Sandy Evans plucks a sleek black handbag from the shelf and invites a visitor to guess what it's made from.

Recycled leather? Recycled plastic?

Wrong on both counts. It's recycled tires, Evans explains. "Nobody ever guesses right."

From coffees and teas to clothing and jewelry, Gilday's Tea Shoppe, Celtic Market and Fair Trade Boutique is a rural Minnesota link with the global social conscience of the fair trade movement.

"It's very personal," said Evans. "You know who you're helping and what you're buying."

Evans and her husband, Barry, the owners of Gilday's, knew before they even opened their shop three years ago that they wanted to offer fair trade products to their customers. Items began appearing on the shelves a couple of years ago, and the inventory has been growing ever since.

The response has been good, Evans said. "It's been really well-received."

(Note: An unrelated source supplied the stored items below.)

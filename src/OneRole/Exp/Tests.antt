-- ===== src/OneRole/Exp/Tests.antt =====
-- A role of one figure that gains experience, and the theorem applied to it.
use txgg.Base.{
  ℕ, ◌*◌, ltb, if◌then◌else◌, ◌≡◌, refl, Option, none, some, List, [], ◌∷◌, arith, length, map,
}
use txgg.OneRole.{Power, OneRole, CfgAttribute, CfgPlayer}
use txgg.OneRole.Levels.{reset_one_role_attribute, fill_one_role_attr_changed}
use txgg.OneRole.Exp.{ExpNotify, give_exp, give_role_exp, Raised}
use txgg.OneRole.Exp.Climb.{give_exp-Raised}

abbrev plain : Power
plain = record {
  phy_attack = 1;
  phy_defence = 1;
  magic_attack = 1;
  magic_defence = 1;
  parry_rate = 1;
  counterattack_rate = 1;
  hit_rate = 1;
  jink_rate = 1;
  crit_rate = 1;
  speed = 1;
}

abbrev newcomer : OneRole
newcomer = record {
  profession = 1;
  strength = 1;
  brain = 1;
  charm = 1;
  agile = 1;
  exp = 4;
  exp_levelup = 10;
  attr = record {
    name = 65 ∷ [];
    hp_cur = 5;
    hp_max = 20;
    level = 1;
    power = plain;
    buff = record { mem = []; nmemb = 0 };
  };
  skill = record { mem = []; nmemb = 0 };
}

abbrev nobody : OneRole
nobody = record newcomer { attr = record newcomer.attr { name = 0 ∷ [] } }

-- The rows of the levels 0 to 3.
abbrev rows : ℕ → ℕ → Option CfgPlayer
rows profession lv = if ltb 3 lv then none else some (record { exp = 10 * lv; attribute = 7 })

abbrev attributes : ℕ → Option CfgAttribute
attributes id =
    some (record { hp = 40; strength = 2; brain = 2; charm = 2; agile = 2; power = plain })

-- Of each figure the level, the experience and the hit points, and what the client is told.
gained : Option (List OneRole × ExpNotify) → Option (List (ℕ × ℕ × ℕ) × Option ℕ × ℕ)
gained none = none
gained (some (rs, notify)) =
    some (map (λ r. (r.attr.level, r.exp, r.attr.hp_cur)) rs, notify.exp, length notify.attr)

two_levels :
    gained (give_role_exp rows attributes 25 (newcomer ∷ nobody ∷ []))
    ≡ some ((3, 29, 40) ∷ (1, 4, 5) ∷ [], some 29, 17)
unfolding gained give_role_exp reset_one_role_attribute fill_one_role_attr_changed
two_levels = refl

give_exp-Raised_example : Raised rows (record newcomer { exp = 29 }) (give_exp rows 25 newcomer)
give_exp-Raised_example =
    give_exp-Raised rows 4 (omega arith) 25 newcomer refl (omega arith) (omega arith)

More than that, it has been an opportunity to educate the community about global fair trade and invite people to support the movement.

"It's not about competition. We need to work together in order to make it better for other people," she said.

The fair trade philosophy is about supporting producers with adequate prices and ensuring that goods are produced in a sustainable way that doesn't unduly harm the environment or social structures. One of its focuses is on products exported from developing nations to markets in industrialized countries -- coffee, tea, sugar, chocolate, handcrafts and so on.

It also supports workers and producers such as minorities, women, small businesses and rural enterprises who might otherwise be marginalized in international trade.

Buying fair trade products allows these individuals to earn a living, gain skills and reinvest in their own communities, Evans said. "When you're buying fair trade, you're helping other lives, but you're also getting something for yourself. We say it makes your money work twice."

Globally, the World Fair Trade Organization involves 110 million farmers, artisans and retailers and has $2.2 billion in annual sales. As the movement grows, sales have been climbing 30 to 40 percent a year.

For the owners and staff at Gilday's, what has been especially rewarding about fair trade is the personal connections it fosters.

The products often come with a story about the makers. A collection of bead earrings from Kenya, for instance, is designed by an artisan who works in a tiny shop in Nairobi and obtains his materials from all over Africa. Colorful shopping bags that are sewn from recycled cotton and can be zipped up into a purse are made in India by young women receiving vocational training. The coffee comes from a Wisconsin supplier who achieved a zero carbon footprint.

"You build a relationship with the people you're working with," Evans said. "You're always looking at sustainability. What you're trying to do is help a person, help a business. It's always looking at today and tomorrow both."

Gilday's frequently incorporates fair trade products on its daily menu. Soup made from prepackaged dry mixes was featured last fall, said Faith Zirbes, one of the Evans' daughters who works at Gilday's along with her own daughter, Jessica Zirbes.

"They were very good," she said. Other dishes have contained spicy za'atar and olive oil from the Middle East.

Jessica's personal favorites: the bath and body products.

"I didn't really know too much about fair trade until I started working here," she said. "Now I can educate other people."

Evans hopes the fair trade boutique can become a resource for local churches and others interested in the fair trade movement.

"We certainly don't consider ourselves experts by any means. It's just that you have to start somewhere and you learn as you go," she said.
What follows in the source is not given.